____ TASK INPUT
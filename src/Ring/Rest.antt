-- ===== src/Ring/Rest.antt =====
-- A ring at rest and the values that it holds.
use fuxi_n.Prelude.{
  ℕ, ◌+◌, ◌-◌, ◌%◌, ◌^◌, ◌≤◌, ◌<◌, ◌≡◌, ap, ◌∙◌, List, u32_mod, arith, mod-wrap_u32,
}
use native.Mathlib.Nat.{mod-add-mod, add-mod_right}
use fuxi_n.Ring.{RteRing}
use fuxi_n.Ring.Window.{items, size_bounds}

-- A slot counted from a wrapped counter is the slot counted from the unwrapped one.
pub slot-wrap :
    (bits size x k : ℕ) → size ≡ 2 ^ bits → bits ≤ 31 → (x % u32_mod + k) % size ≡ (x + k) % size
slot-wrap bits size x k pow small = rw (
  pow,
  ← mod-add-mod (x % u32_mod) (2 ^ bits) k,
  mod-wrap_u32 bits x (omega arith),
  mod-add-mod x (2 ^ bits) k,
)

module _ {A : Type 0} where
  -- The values that a ring at rest holds: `prod.tail - cons.tail`, as the 32-bit counters give it.
  abbrev pub count : RteRing A → ℕ
  count r = (r.prod.tail + u32_mod - r.cons.tail) % u32_mod

  -- No call is under way, and the counters are at most a ring apart.
  pub record IsValid (r : RteRing A) : Type 0 where
    pub bits : ℕ
    pub is_pow : r.size ≡ 2 ^ bits
    pub small : bits ≤ 31
    pub masked : r.mask ≡ r.size - 1
    pub capacity_eq : r.capacity ≡ r.size
    pub prod_rest : r.prod.head ≡ r.prod.tail
    pub cons_rest : r.cons.head ≡ r.cons.tail
    pub prod_word : r.prod.tail < u32_mod
    pub cons_word : r.cons.tail < u32_mod
    pub fill : count r ≤ r.size

  -- Oldest first.
  abbrev pub contents : RteRing A → List A
  contents r = items r.storage r.size r.cons.tail (count r)

  module _ (r : RteRing A) (v : IsValid r) where
    pub ring_bounds : (0 < r.size) × (r.size ≤ 2 ^ 31)
    ring_bounds = size_bounds v.bits r.size r.mask v.is_pow v.small v.masked

    -- The counter of the next value, unwrapped.
    pub prod-eq : r.prod.tail ≡ (r.cons.tail + count r) % u32_mod
    prod-eq = omega (arith, v.prod_word, v.cons_word)

    -- The slots after the last value, and those of the values, counted from the producer's side.
    pub ahead : (k : ℕ) → (r.prod.tail + k) % r.size ≡ (r.cons.tail + count r + k) % r.size
    ahead k =
        ap (λ p. (p + k) % r.size) prod-eq
        ∙ slot-wrap v.bits r.size (r.cons.tail + count r) k v.is_pow v.small

    pub behind :
        (k : ℕ)
        → k < count r
        → (r.prod.tail + (r.size - count r + k)) % r.size ≡ (r.cons.tail + k) % r.size
    behind k lt =
        ahead (r.size - count r + k)
        ∙ ap (λ p. p % r.size) round
        ∙ add-mod_right (r.cons.tail + k) r.size
      where
        round : r.cons.tail + count r + (r.size - count r + k) ≡ r.cons.tail + k + r.size
        round = omega (arith, v.fill)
________
In the records above, locate the lines holding the word "small". Copy each of them.

slot-wrap bits size x k pow small = rw (
    pub small : bits ≤ 31
    ring_bounds = size_bounds v.bits r.size r.mask v.is_pow v.small v.masked
        ∙ slot-wrap v.bits r.size (r.cons.tail + count r) k v.is_pow v.small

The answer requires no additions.